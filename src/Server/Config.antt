-- ===== src/Server/Config.antt =====
-- `ServerConfig` and `StorageBackend` (rust/smooth-operator-server/src/config.rs).
use Prim.Native.Char.{code}
use smooth_agent.Base.{
  ℕ, ◌+◌, ◌*◌, ◌-◌, ◌^◌, ◌<◌, String, Bool, false, Option, none, some, ◌≡◌, refl, arith, string_eq,
  ◌==◌, ◌||◌, leb, ltb, nat_eqb, if◌then◌else◌, Option-cases, Bool-cases, inl, inr,
}
use smooth_agent.Base.Text.{trim, is_empty}
use smooth_agent.Base.Ascii.{to_ascii_lowercase}
use smooth_agent.Auth.Config.{Env, env_nonempty, is_some, unwrap_or}

abbrev pub default_bind : String
default_bind = "127.0.0.1"

abbrev pub default_port : ℕ
default_port = 8787

abbrev pub default_gateway_url : String
default_gateway_url = "https://llm.smoo.ai/v1"

abbrev pub default_model : String
default_model = "claude-haiku-4-5"

abbrev pub default_max_iterations : ℕ
default_max_iterations = 6

abbrev pub default_max_tokens : ℕ
default_max_tokens = 512

pub data StorageBackend : Type 0 where
  memory postgres dynamodb : StorageBackend

-- The `match` of `StorageBackend::parse`.
abbrev pub backend_of_name : String → StorageBackend
backend_of_name name =
    if name == "postgres" || name == "pg" || name == "postgresql"
    then postgres
    else if name == "dynamodb" || name == "ddb" || name == "dynamo"
    then dynamodb
    else memory

unfoldable pub parse_backend : String → StorageBackend
parse_backend value = backend_of_name (to_ascii_lowercase (trim value))

-- The value of decimal digits behind those read so far.
unfoldable pub digits_value : ℕ → String → Option ℕ
digits_value n String.[] = some n
digits_value n (String.◌∷◌ c s) =
    let rest = digits_value (10 * n + (code c - 0x30)) s in
    if leb 0x30 (code c) then (if leb (code c) 0x39 then rest else none) else none

abbrev pub below : ℕ → Option ℕ → Option ℕ
below bound none = none
below bound (some n) = if ltb n bound then some n else none

-- `parse` of an unsigned integer below a bound: digits, with an optional plus sign before them.
unfoldable pub parse_unsigned : ℕ → String → Option ℕ
unfolding digits_value
parse_unsigned bound String.[] = none
parse_unsigned bound (String.◌∷◌ c s) =
    let digits = if nat_eqb (code c) 0x2b then s else String.◌∷◌ c s in
    if is_empty digits then none else below bound (digits_value 0 digits)

pub record ServerConfig : Type 0 where
  pub bind : String
  pub port : ℕ
  pub gateway_url : String
  pub gateway_key : Option String
  pub model : String
  pub seed_kb : Bool
  pub max_iterations : ℕ
  pub max_tokens : ℕ
  pub storage : StorageBackend
  pub widget_auth_strict : Bool

-- The parts of the engine's configuration that vary.
pub record LlmConfig : Type 0 where
  pub api_url : String
  pub api_key : String
  pub model : String
  pub max_tokens : ℕ

-- A number from the environment, or the default.
unfoldable pub number_var : Env → String → ℕ → Option ℕ
number_var env key bound = elim (env key) [ none ↦ none | some s ↦ parse_unsigned bound (trim s) ]

-- `.filter(|n| *n > 0).unwrap_or(default)`
abbrev pub positive_or : ℕ → Option ℕ → ℕ
positive_or default none = default
positive_or default (some n) = if ltb 0 n then n else default

abbrev pub port_or : Option ℕ → ℕ
port_or none = default_port
port_or (some n) = n

abbrev pub is_truthy : Option String → Bool
is_truthy none = false
is_truthy (some s) = let s = to_ascii_lowercase (trim s) in s == "1" || s == "true" || s == "yes"

abbrev pub backend_or : Option String → StorageBackend
backend_or none = memory
backend_or (some s) = parse_backend s

abbrev pub is_one : Option String → Bool
is_one none = false
is_one (some s) = s == "1"

unfoldable pub from_env : Env → ServerConfig
unfolding number_var
from_env env = record {
  bind = unwrap_or (env_nonempty env "SMOOTH_AGENT_BIND") default_bind;
  port = port_or (number_var env "SMOOTH_AGENT_PORT" (2 ^ 16));
  gateway_url = unwrap_or (env_nonempty env "SMOOAI_GATEWAY_URL") default_gateway_url;
  gateway_key = env_nonempty env "SMOOAI_GATEWAY_KEY";
  model = unwrap_or (env_nonempty env "SMOOTH_AGENT_MODEL") default_model;
  seed_kb = is_one (env "SMOOTH_AGENT_SEED_KB");
  max_iterations =
      positive_or default_max_iterations (number_var env "SMOOTH_AGENT_MAX_ITERATIONS" (2 ^ 32));
  max_tokens = positive_or default_max_tokens (number_var env "SMOOTH_AGENT_MAX_TOKENS" (2 ^ 32));
  storage = backend_or (env "SMOOTH_AGENT_STORAGE");
  widget_auth_strict = is_truthy (env "WIDGET_AUTH_STRICT");
}

abbrev pub has_llm : ServerConfig → Bool
has_llm c = is_some c.gateway_key

abbrev pub llm_config : ServerConfig → Option LlmConfig
llm_config c = elim c.gateway_key [
  | none ↦ none
  | some key ↦ some (record {
    api_url = c.gateway_url;
    api_key = key;
    model = c.model;
    max_tokens = c.max_tokens;
  })
]

below_bound : (bound : ℕ) (o : Option ℕ) {n : ℕ} → below bound o ≡ some n → n < bound
below_bound bound none h = cc
below_bound bound (some m) h = ground arith

parse_unsigned_bound :
    (bound : ℕ) (s : String) {n : ℕ} → parse_unsigned bound s ≡ some n → n < bound
unfolding parse_unsigned
parse_unsigned_bound bound String.[] h = cc
parse_unsigned_bound bound (String.◌∷◌ c s) h =
    let digits = if nat_eqb (code c) 0x2b then s else String.◌∷◌ c s in
    elim (Bool-cases (is_empty digits)) [
      | inl e ↦ cc (rw e at h)
      | inr e ↦ below_bound bound (digits_value 0 digits) (rw e at h)
    ]

number_var_bound :
    (env : Env) (key : String) (bound : ℕ) {n : ℕ} → number_var env key bound ≡ some n → n < bound
unfolding number_var
number_var_bound env key bound h = elim (Option-cases (env key)) [
  | inl e ↦ cc (rw (e, number_var) at h)
  | inr (s, e) ↦ parse_unsigned_bound bound (trim s) (rw (e, number_var) at h)
]

positive_or_bounds :
    (default bound : ℕ) (o : Option ℕ)
    → 0 < default
    → default < bound
    → ((n : ℕ) → o ≡ some n → n < bound)
    → (0 < positive_or default o) × (positive_or default o < bound)
positive_or_bounds default bound none p d h = (p, d)
positive_or_bounds default bound (some n) p d h = let b = h n refl in (ground arith, ground arith)

positive_var_bounds :
    (env : Env) (key : String) (default : ℕ)
    → 0 < default
    → default < 2 ^ 32
    → (0 < positive_or default (number_var env key (2 ^ 32)))
      × (positive_or default (number_var env key (2 ^ 32)) < 2 ^ 32)
positive_var_bounds env key default p d =
    positive_or_bounds default (2 ^ 32) (number_var env key (2 ^ 32)) p d
      (λ n e. number_var_bound env key (2 ^ 32) e)

port_or_bound : (o : Option ℕ) → ((n : ℕ) → o ≡ some n → n < 2 ^ 16) → port_or o < 2 ^ 16
port_or_bound none h = omega arith
port_or_bound (some n) h = h n refl

port_bound : (env : Env) (key : String) → port_or (number_var env key (2 ^ 16)) < 2 ^ 16
port_bound env key =
    port_or_bound (number_var env key (2 ^ 16)) (λ n e. number_var_bound env key (2 ^ 16) e)

-- A configuration from any environment is usable: the port is a 16-bit number, an agent's loop and
-- its answers have a positive bound below 2 ^ 32, and turns are available exactly with a key.
pub from_env_bounds :
    (env : Env)
    → ((from_env env).port < 2 ^ 16)
      × ((0 < (from_env env).max_iterations) × ((from_env env).max_iterations < 2 ^ 32))
      × ((0 < (from_env env).max_tokens) × ((from_env env).max_tokens < 2 ^ 32))
      × (is_some (llm_config (from_env env)) ≡ has_llm (from_env env))
unfolding from_env
from_env_bounds env = (
  port_bound env "SMOOTH_AGENT_PORT",
  positive_var_bounds env "SMOOTH_AGENT_MAX_ITERATIONS" default_max_iterations (omega arith)
      (omega arith),
  positive_var_bounds env "SMOOTH_AGENT_MAX_TOKENS" default_max_tokens (omega arith) (omega arith),
  available (env_nonempty env "SMOOAI_GATEWAY_KEY"),
)
  where
    available :
        (key : Option String)
        → is_some (llm_config (record (from_env env) { gateway_key = key })) ≡ is_some key
    available none = refl
    available (some k) = refl

tests :
    (parse_unsigned 65536 "+8787" ≡ some 8787)
    × (parse_unsigned 65536 "65536" ≡ none)
    × (parse_unsigned 65536 "+" ≡ none)
unfolding parse_unsigned
tests = (refl, refl, refl)
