-- ===== src/Widget/Origin.antt =====
-- `AgentWidgetAuth`, its providers, and the allow-list of origins
-- (rust/smooth-operator/src/widget_auth.rs).
use Prim.Native.String.{◌++◌}
use text.Mathlib.TextEquality.{eq_iff}
use smooth_agent.Base.{
  String, Bool, true, false, Option, none, some, List, [], ◌∷◌, ◌≡◌, ◌⊎◌, ◌↔◌, inl, inr, refl,
  arith, string_eq, ◌==◌, ◌||◌, any, if◌then◌else◌, Memᴰ, Bool-cases, any-true, any_of_mem,
  Option-cases, sym, ap, ◌∙◌,
}
use smooth_agent.Base.Dict.{Dict, get}
use smooth_agent.Base.Ascii.{split_once, strip_prefix, ends_with}

pub record AgentWidgetAuth : Type 0 where
  pub allowed_origins : List String
  pub public_key : Option String

-- `WidgetAuthProvider`: the bundled permissive and static ones, and a host's own.
pub data WidgetAuthProvider : Type 0 where
  permissive : WidgetAuthProvider
  static : Dict String AgentWidgetAuth → WidgetAuthProvider
  host : (String → Option AgentWidgetAuth) → WidgetAuthProvider

abbrev pub agent_widget_auth : WidgetAuthProvider → String → Option AgentWidgetAuth
agent_widget_auth permissive agent_id = none
agent_widget_auth (static rows) agent_id = get rows agent_id
agent_widget_auth (host policy) agent_id = policy agent_id

-- The host part of a wildcard pattern against the host of an origin.
unfoldable pub host_matches : String → String → Bool
host_matches pattern_host origin_host = elim (strip_prefix pattern_host "*.") [
  | none ↦ false
  | some suffix ↦ origin_host == suffix || ends_with origin_host ("." ++ suffix)
]

-- The wildcard part of `origin_matches`, on both sides split at their schemes.
unfoldable pub wildcard_matches : Option (String × String) → Option (String × String) → Bool
unfolding host_matches
wildcard_matches none origin = false
wildcard_matches (some p) none = false
wildcard_matches (some (p_scheme, p_host)) (some (o_scheme, o_host)) =
    if p_scheme == o_scheme then host_matches p_host o_host else false

unfoldable pub origin_matches : String → String → Bool
unfolding wildcard_matches
origin_matches pattern origin =
    if pattern == "*"
    then true
    else if pattern == origin
    then true
    else wildcard_matches (split_once pattern "://") (split_once origin "://")

unfoldable pub origin_allowed : List String → String → Bool
unfolding origin_matches
origin_allowed allowed origin = any (λ pattern. origin_matches pattern origin) allowed

-- What a pattern stands for: any origin, one origin, or the hosts of a scheme at or below a domain.
pub data Covers : String → String → Type 0 where
  everything : (pattern origin : String) → pattern ≡ "*" → Covers pattern origin
  exactly : (pattern origin : String) → pattern ≡ origin → Covers pattern origin
  below :
      (pattern origin scheme p_host o_host suffix : String)
      → split_once pattern "://" ≡ some (scheme, p_host)
      → split_once origin "://" ≡ some (scheme, o_host)
      → strip_prefix p_host "*." ≡ some suffix
      → (o_host ≡ suffix) ⊎ (ends_with o_host ("." ++ suffix) ≡ true)
      → Covers pattern origin

origin_tests :
    (origin_allowed ("https://*.smoo.ai" ∷ []) "https://app.smoo.ai" ≡ true)
    × (origin_allowed ("https://*.smoo.ai" ∷ []) "https://smoo.ai" ≡ true)
    × (origin_allowed ("https://*.smoo.ai" ∷ []) "https://evilsmoo.ai" ≡ false)
    × (origin_allowed ("https://*.smoo.ai" ∷ []) "http://app.smoo.ai" ≡ false)
unfolding origin_allowed split_once strip_prefix ends_with
origin_tests = (refl, refl, refl, refl)

host_matches-Covers :
    (pattern origin scheme p_host o_host : String)
    → split_once pattern "://" ≡ some (scheme, p_host)
    → split_once origin "://" ≡ some (scheme, o_host)
    → host_matches p_host o_host ≡ true
    → Covers pattern origin
unfolding host_matches
host_matches-Covers pattern origin scheme p_host o_host ps os h =
    elim (Option-cases (strip_prefix p_host "*.")) [
      | inl e ↦ cc (rw (e, host_matches) at h)
      | inr (suffix, e) ↦
          let split = rw (e, host_matches) at h in
          elim (Bool-cases (o_host == suffix)) [
            | inl same ↦
                below pattern origin scheme p_host o_host suffix ps os e
                  (inl ((eq_iff o_host suffix).0 same))
            | inr other ↦
                below pattern origin scheme p_host o_host suffix ps os e (inr (rw other at split))
          ]
    ]

wildcard_matches-Covers :
    (pattern origin : String) (p o : Option (String × String))
    → split_once pattern "://" ≡ p
    → split_once origin "://" ≡ o
    → wildcard_matches p o ≡ true
    → Covers pattern origin
unfolding wildcard_matches
wildcard_matches-Covers pattern origin none o ps os h = cc
wildcard_matches-Covers pattern origin (some p) none ps os h = cc
wildcard_matches-Covers pattern origin (some (p_scheme, p_host)) (some (o_scheme, o_host)) ps os h =
    elim (Bool-cases (p_scheme == o_scheme)) [
      | inl same ↦
          let scheme = (eq_iff p_scheme o_scheme).0 same in
          host_matches-Covers pattern origin p_scheme p_host o_host ps
            (os ∙ ap (λ s. some (s, o_host)) (sym scheme)) (rw same at h)
      | inr other ↦ cc (rw other at h)
    ]

origin_matches-Covers :
    (pattern origin : String) → origin_matches pattern origin ≡ true → Covers pattern origin
unfolding origin_matches
origin_matches-Covers pattern origin h = elim (Bool-cases (pattern == "*")) [
  | inl e ↦ everything pattern origin ((eq_iff pattern "*").0 e)
  | inr some_host ↦ elim (Bool-cases (pattern == origin)) [
    | inl e ↦ exactly pattern origin ((eq_iff pattern origin).0 e)
    | inr wild ↦ wildcard_matches-Covers pattern origin _ _ refl refl (rw (some_host, wild) at h)
  ]
]

wildcard-origin_matches :
    (pattern origin : String)
    → wildcard_matches (split_once pattern "://") (split_once origin "://") ≡ true
    → origin_matches pattern origin ≡ true
unfolding origin_matches
wildcard-origin_matches pattern origin h = ground (arith, h)

Covers-origin_matches :
    (pattern origin : String) → Covers pattern origin → origin_matches pattern origin ≡ true
Covers-origin_matches pattern origin (everything _ _ e) =
    unfold origin_matches in ground (arith, eq_iff pattern "*")
Covers-origin_matches pattern origin (exactly _ _ e) =
    unfold origin_matches in ground (arith, eq_iff pattern origin)
Covers-origin_matches pattern origin (below _ _ scheme p_host o_host suffix ps os sfx h) =
    wildcard-origin_matches pattern origin
      (rw (ps, os) (same_scheme scheme p_host o_host (under p_host o_host suffix sfx h)))
  where
    same_scheme :
        (s p o : String)
        → host_matches p o ≡ true
        → wildcard_matches (some (s, p)) (some (s, o)) ≡ true
    same_scheme s p o h = unfold wildcard_matches in ground (arith, h, eq_iff s s)

    under :
        (p_host o_host suffix : String)
        → strip_prefix p_host "*." ≡ some suffix
        → (o_host ≡ suffix) ⊎ (ends_with o_host ("." ++ suffix) ≡ true)
        → host_matches p_host o_host ≡ true
    under p_host o_host suffix sfx h =
        unfold host_matches in (rw (sfx, host_matches) (ground (arith, h, eq_iff o_host suffix)))

-- An origin is allowed exactly if some entry of the list covers it, so an empty list allows none.
pub origin_allowed_iff :
    (allowed : List String) (origin : String)
    → (origin_allowed allowed origin ≡ true)
      ↔ ((pattern : String) × Memᴰ pattern allowed × Covers pattern origin)
unfolding origin_allowed
origin_allowed_iff allowed origin = (
  λ h.
      let (pattern, m, e) = any-true (λ p. origin_matches p origin) allowed h in
      (pattern, m, origin_matches-Covers pattern origin e),
  λ (pattern, m, c).
      any_of_mem (λ p. origin_matches p origin) m (Covers-origin_matches pattern origin c),
)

* [What is being asked]: In the material above, transcribe exactly the lines beginning at the one with "positive_or_bounds default bound none" and ending at the one with "tests = (refl, refl, refl)", both included.

* [Response to this exercise]:
positive_or_bounds default bound none p d h = (p, d)
positive_or_bounds default bound (some n) p d h = let b = h n refl in (ground arith, ground arith)

positive_var_bounds :
    (env : Env) (key : String) (default : ℕ)
    → 0 < default
    → default < 2 ^ 32
    → (0 < positive_or default (number_var env key (2 ^ 32)))
      × (positive_or default (number_var env key (2 ^ 32)) < 2 ^ 32)
positive_var_bounds env key default p d =
    positive_or_bounds default (2 ^ 32) (number_var env key (2 ^ 32)) p d
      (λ n e. number_var_bound env key (2 ^ 32) e)

port_or_bound : (o : Option ℕ) → ((n : ℕ) → o ≡ some n → n < 2 ^ 16) → port_or o < 2 ^ 16
port_or_bound none h = omega arith
port_or_bound (some n) h = h n refl

port_bound : (env : Env) (key : String) → port_or (number_var env key (2 ^ 16)) < 2 ^ 16
port_bound env key =
    port_or_bound (number_var env key (2 ^ 16)) (λ n e. number_var_bound env key (2 ^ 16) e)

-- A configuration from any environment is usable: the port is a 16-bit number, an agent's loop and
-- its answers have a positive bound below 2 ^ 32, and turns are available exactly with a key.
pub from_env_bounds :
    (env : Env)
    → ((from_env env).port < 2 ^ 16)
      × ((0 < (from_env env).max_iterations) × ((from_env env).max_iterations < 2 ^ 32))
      × ((0 < (from_env env).max_tokens) × ((from_env env).max_tokens < 2 ^ 32))
      × (is_some (llm_config (from_env env)) ≡ has_llm (from_env env))
unfolding from_env
from_env_bounds env = (
  port_bound env "SMOOTH_AGENT_PORT",
  positive_var_bounds env "SMOOTH_AGENT_MAX_ITERATIONS" default_max_iterations (omega arith)
      (omega arith),
  positive_var_bounds env "SMOOTH_AGENT_MAX_TOKENS" default_max_tokens (omega arith) (omega arith),
  available (env_nonempty env "SMOOAI_GATEWAY_KEY"),
)
  where
    available :
        (key : Option String)
        → is_some (llm_config (record (from_env env) { gateway_key = key })) ≡ is_some key
    available none = refl
    available (some k) = refl

tests :
    (parse_unsigned 65536 "+8787" ≡ some 8787)
    × (parse_unsigned 65536 "65536" ≡ none)
    × (parse_unsigned 65536 "+" ≡ none)
unfolding parse_unsigned
tests = (refl, refl, refl)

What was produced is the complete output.